2 Compressor 4 Silencer 6 Motor 8 Shaft 9 Stepped portion 10 Compressor impeller 12 Compressor casing 14 Hub 15 Through hole 16 Outer peripheral surface 18 Rotor blade 19 Rear surface 20 Air guide cylinder 22 Scroll channel 24 Scroll casing 26 Channel 28 Diffuser channel 30 Diffuser Member 32 Silencer casing 34 Silencer element 36 Casing for connection 38 Flange member 40 Motor rotor 42 Stator 44 Motor casing 46 Support member 48 Rotor core 50 Magnet part 53 Through hole 54 Nut 55 Fitting part 56 Fastening member 58 End face 60 Contact part 62 Impeller side Flange portion 64 Tip portion 66 Screw portion 68 Rotor side flange portion 70 Surface 71 End surface 72 Inner structure 73 Inner structure 74 Inner convex portion 75 Inner convex portion 76 Inner concave 77 Inlay recessed portion 78 Bolt 79 Base end portion 80 Nut 82 Outer peripheral surface 84 Inclined surface 86 Head 88 portion 90 Hub recessed portion 91 Inner peripheral surface 92 Bottom surface 96 Flange member recessed portion 98 Surface 100 Supercharger 102 Rotor recessed portion 104 Flexible coupling 106 Rotor Main body 107 Side surface 108 Insert hole 200, 300 Impeller assembly A Distance B Distance C Axis D Overhang amount d Distance

Claims (8)

A shaft,
A compressor impeller including a hub through which the shaft is inserted;
A flange member through which the shaft is inserted, an abutting portion that abuts the end surface of the hub at one end in the axial direction , and an outer peripheral edge portion of the abutting portion that is formed integrally with the abutting portion. A peripheral wall portion extending from the peripheral wall portion toward the other end portion in the axial direction , and an impeller side flange portion formed integrally with the peripheral wall portion and projecting outward in the radial direction from the peripheral wall portion at the other end portion in the axial direction And a flange member including
A nut screwed into the tip of the shaft so as to sandwich the flange member between the end surface of the hub;
A rotor of a generator or a motor, the rotor including a rotor side flange portion adjacent to the opposite side of the hub in the impeller side flange portion;
A fastening member for fastening the impeller side flange portion and the rotor side flange portion;
Equipped with a,
A hub recess is formed on the end surface of the hub,
The abutting portion abuts on the bottom surface of the hub recess of the end surface,
The impeller assembly , wherein the nut is screwed to a tip portion of the shaft so as to sandwich the flange member between the bottom surface of the hub recess . A shaft,
A compressor impeller including a hub through which the shaft is inserted;
A flange member through which the shaft is inserted; an abutting portion that abuts on an end surface of the hub at one end portion in the axial direction; and an impeller side flange portion that projects outward in the radial direction at the other end portion in the axial direction; Including a flange member;
A nut screwed into the tip of the shaft so as to sandwich the flange member between the end surface of the hub;
A rotor of a generator or a motor, the rotor including a rotor side flange portion adjacent to the opposite side of the hub in the impeller side flange portion;
A fastening member for fastening the impeller side flange portion and the rotor side flange portion;
Equipped with a,
The fastening member includes a flange fastening bolt for fastening the impeller side flange portion and the rotor side flange portion,
The outer peripheral surface of the rotor-side flange portion includes an inclined surface that is inclined so that the distance from the axis increases in the axial direction toward the hub, and the outer diameter of the rotor-side flange portion is Defined by the outer periphery,
The impeller assembly , wherein the inclined surface is provided with a countersink portion that accommodates the flange fastening bolt . The impeller assembly according to claim 1 or 2 , wherein the rotor and the flange member are assembled by an inlay.
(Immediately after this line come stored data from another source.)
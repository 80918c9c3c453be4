-- ===== src/Pafs/Blocks.antt =====
-- Which blocks of kernel/fs/pafs.c belong to which inode, and what taking one may change.
use peker_os.Common.{
  ℕ, ◌+◌, ◌-◌, ◌*◌, ◌%◌, ◌^◌, ◌≤◌, ◌<◌, ◌≡◌, refl, sym, ap, ◌∙◌, ◌≢◌, ◌⊎◌, true, false, arith, inl,
  inr, ◌==◌, Bool-cases, if◌then◌else◌,
}
use mathlib.Core.Path.{subst}
use peker_os.Common.Bytes.{IsBytes}
use peker_os.Common.Bitmap.{test_bit-set_bit, set_bit-IsBytes}
use peker_os.Common.Words.{get32, get32-put32_ne}
use peker_os.Pafs.{
  Pafs, pafs_bitmap_test, pafs_disk_write, pafs_save_bitmap, pafs_save_superblock, take_block,
  inode_type, inode_size, inode_block, set_block, root_inode,
}
use peker_os.Pafs.Inodes.{block-set_block_self, block-set_block_ne, type-set_block, size-set_block}

-- A block of data that is marked as in use.
abbrev pub InUse : Pafs → ℕ → Type 0
InUse p b = (18 ≤ b) × (b < 4096) × (pafs_bitmap_test p b ≡ true)

-- The blocks of the inodes are data blocks in use, and no two places of the table have the same block.
pub record IsFs (p : Pafs) : Type 0 where
  pub bytes : IsBytes p.block_bitmap
  pub in_use : (g i : ℕ) → i < 14 → inode_block p g i ≢ 0 → InUse p (inode_block p g i)
  pub apart :
      (g i h j : ℕ)
      → i < 14
      → j < 14
      → inode_block p g i ≢ 0
      → inode_block p g i ≡ inode_block p h j
      → (g ≡ h) × (i ≡ j)

-- What an operation on the blocks of an inode from the index `i` on may change: those, and the data of
-- blocks that are theirs or that were free.
pub record Changes (p q : Pafs) (ino i : ℕ) : Type 0 where
  pub fs : IsFs q
  pub types : (g : ℕ) → inode_type q g ≡ inode_type p g
  pub sizes : (g : ℕ) → inode_size q g ≡ inode_size p g
  pub root : root_inode q ≡ root_inode p
  pub used : (b : ℕ) → pafs_bitmap_test p b ≡ true → pafs_bitmap_test q b ≡ true
  pub blocks : (g j : ℕ) → j < 14 → (g ≢ ino) ⊎ (j < i) → inode_block q g j ≡ inode_block p g j
  pub sectors :
      (b : ℕ)
      → InUse p b
      → ((j : ℕ) → i ≤ j → j < 14 → inode_block p ino j ≢ b)
      → q.disk b ≡ p.disk b
  pub taken :
      (j : ℕ)
      → i ≤ j
      → j < 14
      → inode_block q ino j ≢ inode_block p ino j
      → pafs_bitmap_test p (inode_block q ino j) ≡ false

pub Changes-refl : {p : Pafs} (ino i : ℕ) → IsFs p → Changes p p ino i
Changes-refl ino i f = record {
  fs = f;
  types = λ g. refl;
  sizes = λ g. refl;
  root = refl;
  used = λ b u. u;
  blocks = λ g j lt o. refl;
  sectors = λ b u o. refl;
  taken = λ j from to ne. absurd (ne refl);
}

module _ (p : Pafs) (v : IsBytes p.block_bitmap) (b : ℕ) where
  test-take_block :
      (c : ℕ)
      → pafs_bitmap_test (take_block p b) c ≡ (if b == c then true else pafs_bitmap_test p c)
  unfolding take_block pafs_bitmap_test pafs_save_superblock pafs_save_bitmap pafs_disk_write
  test-take_block c = test_bit-set_bit v b c

  take_block-IsBytes : IsBytes (take_block p b).block_bitmap
  unfolding take_block pafs_save_superblock pafs_save_bitmap pafs_disk_write
  take_block-IsBytes = set_bit-IsBytes v b

module _ (p : Pafs) (b : ℕ) where
  inodes-take_block : (take_block p b).inodes ≡ p.inodes
  unfolding take_block pafs_save_superblock pafs_save_bitmap pafs_disk_write
  inodes-take_block = refl

  disk-take_block : (c : ℕ) → 18 ≤ c → (take_block p b).disk c ≡ p.disk c
  unfolding take_block pafs_save_superblock pafs_save_bitmap pafs_disk_write
  disk-take_block c data_block = ground arith

  root-take_block : root_inode (take_block p b) ≡ root_inode p
  unfolding take_block pafs_save_superblock pafs_save_bitmap pafs_disk_write
  root-take_block =
      get32-put32_ne p.sb 12 ((get32 p.sb 12 + 2 ^ 32 - 1) % 2 ^ 32) 20 (inr (omega arith))

-- The block `b` was free and is now that of the place `ino`, `i`, which had none.
module _ (p : Pafs) (f : IsFs p) (ino i b : ℕ) (hi : i < 14) (was : inode_block p ino i ≡ 0)
    (lo : 18 ≤ b) (hi_b : b < 4096) (free : pafs_bitmap_test p b ≡ false) where
  unfoldable pub after : Pafs
  after = set_block (take_block p b) ino i b

  pub after_self : inode_block after ino i ≡ b
  unfolding after
  after_self = block-set_block_self (take_block p b) ino i b hi (omega arith)

  after-other : (g j : ℕ) → j < 14 → (ino ≢ g) ⊎ (i ≢ j) → inode_block after g j ≡ inode_block p g j
  unfolding after
  after-other g j hj ne =
      block-set_block_ne (take_block p b) ino i b hi g j hj ne
      ∙ ap (λ m. get32 m (64 * g + 8 + 4 * j)) (inodes-take_block p b)

  same_place : (g j : ℕ) → ((ino ≡ g) × (i ≡ j)) ⊎ ((ino ≢ g) ⊎ (i ≢ j))
  same_place g j = elim (Bool-cases (ino == g)) [
    | inl e ↦ elim (Bool-cases (i == j)) [
      | inl e' ↦ inl (ground arith, ground arith)
      | inr n' ↦ inr (inr (ground arith))
    ]
    | inr n ↦ inr (inl (ground arith))
  ]

  after-test : (c : ℕ) → pafs_bitmap_test after c ≡ (if b == c then true else pafs_bitmap_test p c)
  unfolding after pafs_bitmap_test
  after-test c = unfold pafs_bitmap_test in test-take_block p f.bytes b c

  after-used : (c : ℕ) → pafs_bitmap_test p c ≡ true → pafs_bitmap_test after c ≡ true
  after-used c u = ground (arith, after-test c)

  -- Another place's block is not the one that was free.
  not_free : (g j : ℕ) → j < 14 → inode_block p g j ≢ b
  not_free g j hj e =
      let in_use = f.in_use g j hj (λ z. omega (arith, z, e)) in
      ground (arith, free, in_use.2, ap (pafs_bitmap_test p) e)

  after-InUse : (c : ℕ) → InUse p c → InUse after c
  after-InUse c (from, to, used) = (from, to, after-used c used)

  blocks_after-InUse :
      (g j : ℕ) → j < 14 → inode_block after g j ≢ 0 → InUse after (inode_block after g j)
  blocks_after-InUse g j hj ne = elim (same_place g j) [
    | inl (e, e') ↦
        let self : inode_block after g j ≡ b = rw (← e, ← e') after_self in
        let used : pafs_bitmap_test after b ≡ true = ground (arith, after-test b) in
        subst (InUse after) (sym self) (lo, hi_b, used)
    | inr o ↦
        let old = after-other g j hj o in
        subst (InUse after) (sym old)
          (after-InUse (inode_block p g j) (f.in_use g j hj (λ z. ne (old ∙ z))))
  ]

  after-apart :
      (g k h j : ℕ)
      → k < 14
      → j < 14
      → inode_block after g k ≢ 0
      → inode_block after g k ≡ inode_block after h j
      → (g ≡ h) × (k ≡ j)
  after-apart g k h j hk hj ne same = elim (same_place g k) [
    | inl (e, e') ↦ elim (same_place h j) [
      | inl (d, d') ↦ (sym e ∙ d, sym e' ∙ d')
      | inr o ↦
          let self : inode_block after g k ≡ b = rw (← e, ← e') after_self in
          absurd (not_free h j hj (sym (after-other h j hj o) ∙ sym same ∙ self))
    ]
    | inr o ↦ elim (same_place h j) [
      | inl (d, d') ↦
          let self : inode_block after h j ≡ b = rw (← d, ← d') after_self in
          absurd (not_free g k hk (sym (after-other g k hk o) ∙ same ∙ self))
      | inr o' ↦
          f.apart g k h j hk hj (λ z. ne (after-other g k hk o ∙ z))
            (sym (after-other g k hk o) ∙ same ∙ after-other h j hj o')
    ]
  ]

  after-IsBytes : IsBytes after.block_bitmap
  unfolding after
  after-IsBytes = take_block-IsBytes p f.bytes b

  after-type : (g : ℕ) → inode_type after g ≡ inode_type p g
  unfolding after
  after-type g =
      type-set_block (take_block p b) ino i b hi g
      ∙ ap (λ m. get32 m (64 * g)) (inodes-take_block p b)

  after-size : (g : ℕ) → inode_size after g ≡ inode_size p g
  unfolding after
  after-size g =
      size-set_block (take_block p b) ino i b hi g
      ∙ ap (λ m. get32 m (64 * g + 4)) (inodes-take_block p b)

  after-root : root_inode after ≡ root_inode p
  unfolding after
  after-root = root-take_block p b

  pub after-disk : (c : ℕ) → 18 ≤ c → after.disk c ≡ p.disk c
  unfolding after
  after-disk c from = disk-take_block p b c from

  pub after-Changes : Changes p after ino i
  after-Changes = record {
    fs = record { bytes = after-IsBytes; in_use = blocks_after-InUse; apart = after-apart };
    types = after-type;
    sizes = after-size;
    root = after-root;
    used = after-used;
    blocks = λ g j hj o.
        after-other g j hj (elim o [ inl ne ↦ inl (λ e. ne (sym e)) | inr lt ↦ inr (omega arith) ]);
    sectors = λ c u o. after-disk c u.0;
    taken = λ j from to ne. elim (same_place ino j) [
      | inl (e, e') ↦
          let self : inode_block after ino j ≡ b =
            ap (inode_block after ino) (sym e') ∙ after_self in
          ap (pafs_bitmap_test p) self ∙ free
      | inr o ↦ absurd (ne (after-other ino j to o))
    ];
  }
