-- ===== src/Pafs/Same.antt =====
-- The directories of kernel/fs/pafs.c: a search for a name reads the directory's blocks alone.
use peker_os.Common.{
  Bool, true, false, ℕ, zero, suc, ◌+◌, ◌<◌, ◌≡◌, refl, ap, ◌∙◌, ◌≢◌, true, false, not, ◌||◌, arith,
  inl, inr, ◌==◌, Bool-cases, if◌then◌else◌, Option, none, some, List,
}
use peker_os.Pafs.{
  Pafs, type_dir, inode_type, inode_size, inode_block, entry_inode, scan_name, find_place,
  pafs_find_entry,
}

pub else_found {ℓ} :
    {A : Type ℓ} (c : Bool) (o : Option A) (x : A)
    → (if c then none else o) ≡ some x
    → (c ≡ false) × (o ≡ some x)
else_found true o x e = absurd (ground (arith, e))
else_found false o x e = (refl, e)

-- A directory that reads the same in two states.
pub record SameDir (p q : Pafs) (dir : ℕ) : Type 0 where
  pub types : inode_type q dir ≡ inode_type p dir
  pub sizes : inode_size q dir ≡ inode_size p dir
  pub blocks : (i : ℕ) → i < 14 → inode_block q dir i ≡ inode_block p dir i
  pub sectors :
      (i : ℕ)
      → i < 14
      → inode_block p dir i ≢ 0
      → q.disk (inode_block p dir i) ≡ p.disk (inode_block p dir i)

unfoldable pub entry_of : Pafs → ℕ → Option (ℕ × ℕ) → Option ℕ
entry_of p dir o = elim o [
  | none ↦ none
  | some (i, j) ↦ some (entry_inode (p.disk (inode_block p dir i)) j)
]

module _ {p q : Pafs} {dir : ℕ} (s : SameDir p q dir) (name : List ℕ) where
  sector_same :
      (i : ℕ)
      → i < 14
      → inode_block p dir i ≢ 0
      → q.disk (inode_block q dir i) ≡ p.disk (inode_block p dir i)
  sector_same i hi ne = ap q.disk (s.blocks i hi) ∙ s.sectors i hi ne

  found-same :
      (n i : ℕ)
      → i < 14
      → inode_block p dir i ≢ 0
      → entry_of q dir (find_place q dir name n (i + 1))
        ≡ entry_of p dir (find_place p dir name n (i + 1))
      → (o : Option ℕ)
      → entry_of q dir (elim o [ none ↦ find_place q dir name n (i + 1) | some j ↦ some (i, j) ])
        ≡ entry_of p dir (elim o [ none ↦ find_place p dir name n (i + 1) | some j ↦ some (i, j) ])
  unfolding entry_of
  found-same n i hi ne later none = later
  found-same n i hi ne later (some j) = ap (λ d. some (entry_inode d j)) (sector_same i hi ne)

  pub find_place-same :
      (n i : ℕ)
      → i + n ≡ 14
      → entry_of q dir (find_place q dir name n i) ≡ entry_of p dir (find_place p dir name n i)
  unfolding find_place entry_of
  find_place-same zero i len = refl
  find_place-same (suc n) i len = elim (Bool-cases (inode_block p dir i == 0)) [
    | inl end ↦
        let end' : inode_block q dir i == 0 ≡ true =
          ap (λ b. b == 0) (s.blocks i (omega arith)) ∙ end in
        rw (end, end') refl
    | inr more ↦
        let ne : inode_block p dir i ≢ 0 = ground arith in
        let more' : inode_block q dir i == 0 ≡ false =
          ap (λ b. b == 0) (s.blocks i (omega arith)) ∙ more in
        rw (more, more', sector_same i (omega arith) ne)
          (unfold entry_of in
            found-same n i (omega arith) ne (find_place-same n (i + 1) (omega arith))
              (scan_name (p.disk (inode_block p dir i)) name 16 0))
  ]

  pub pafs_find_entry-same : pafs_find_entry q dir name ≡ pafs_find_entry p dir name
  unfolding pafs_find_entry entry_of
  pafs_find_entry-same =
      rw (s.types, s.sizes)
        (ap (λ o. if not (inode_type p dir == type_dir) || (inode_size p dir == 0) then none else o)
          (unfold entry_of in find_place-same 14 0 refl))

-- A directory that has an entry is one.
pub find_entry-dir :
    (p : Pafs) (dir ino : ℕ) (name : List ℕ)
    → pafs_find_entry p dir name ≡ some ino
    → inode_type p dir ≡ type_dir
unfolding pafs_find_entry
find_entry-dir p dir ino name found = elim (Bool-cases (inode_type p dir == type_dir)) [
  | inl is ↦ ground arith
  | inr not_one ↦ absurd (ground (arith, found))
]

pub find_entry-no_dir :
    (p : Pafs) (dir : ℕ) (name : List ℕ)
    → inode_type p dir == type_dir ≡ false
    → pafs_find_entry p dir name ≡ none
unfolding pafs_find_entry
find_entry-no_dir p dir name no_dir = rw (no_dir) refl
The flange member has a flange member recess on the rotor side surface,
The rotor has a rotor recess on a surface on the flange member side,
The nut is screwed into the shaft so as to apply a pressing force to the bottom surface of the flange member recess, and is housed in a nut housing space formed by the flange member recess and the rotor recess. or impeller assembly according to any one of 3. The rotor includes a rotor body including a magnet part, and a flexible coupling that connects the rotor body and the flange member,
The impeller assembly according to any one of claims 1 to 4 , wherein the rotor-side flange portion is provided on one end side of the flexible coupling. A supercharger comprising the impeller assembly according to any one of claims 1 to 5 . A method for manufacturing an impeller assembly according to any one of claims 1 to 5 ,
An impeller insertion step of inserting the shaft through the compressor impeller;
A flange member insertion step of inserting the shaft through the flange member, and abutting the abutting portion on the end surface of the hub;
A nut screwed step of screwing the nut to the tip of the front Symbol shaft so as to sandwich the flange member between the end face of the said nut hub,
An assembly method of an impeller assembly, comprising: a fastening step of fastening the impeller side flange portion and the rotor side flange portion with a fastening member. The nut screwing step includes
A nut temporary tightening step for temporarily tightening the nut;
A nut final tightening step of performing final tightening of the nut while pulling a portion of the tip end side of the shaft in the axial direction from the nut temporarily tightened in the temporary tightening step;
The method of assembling an impeller assembly according to claim 7 .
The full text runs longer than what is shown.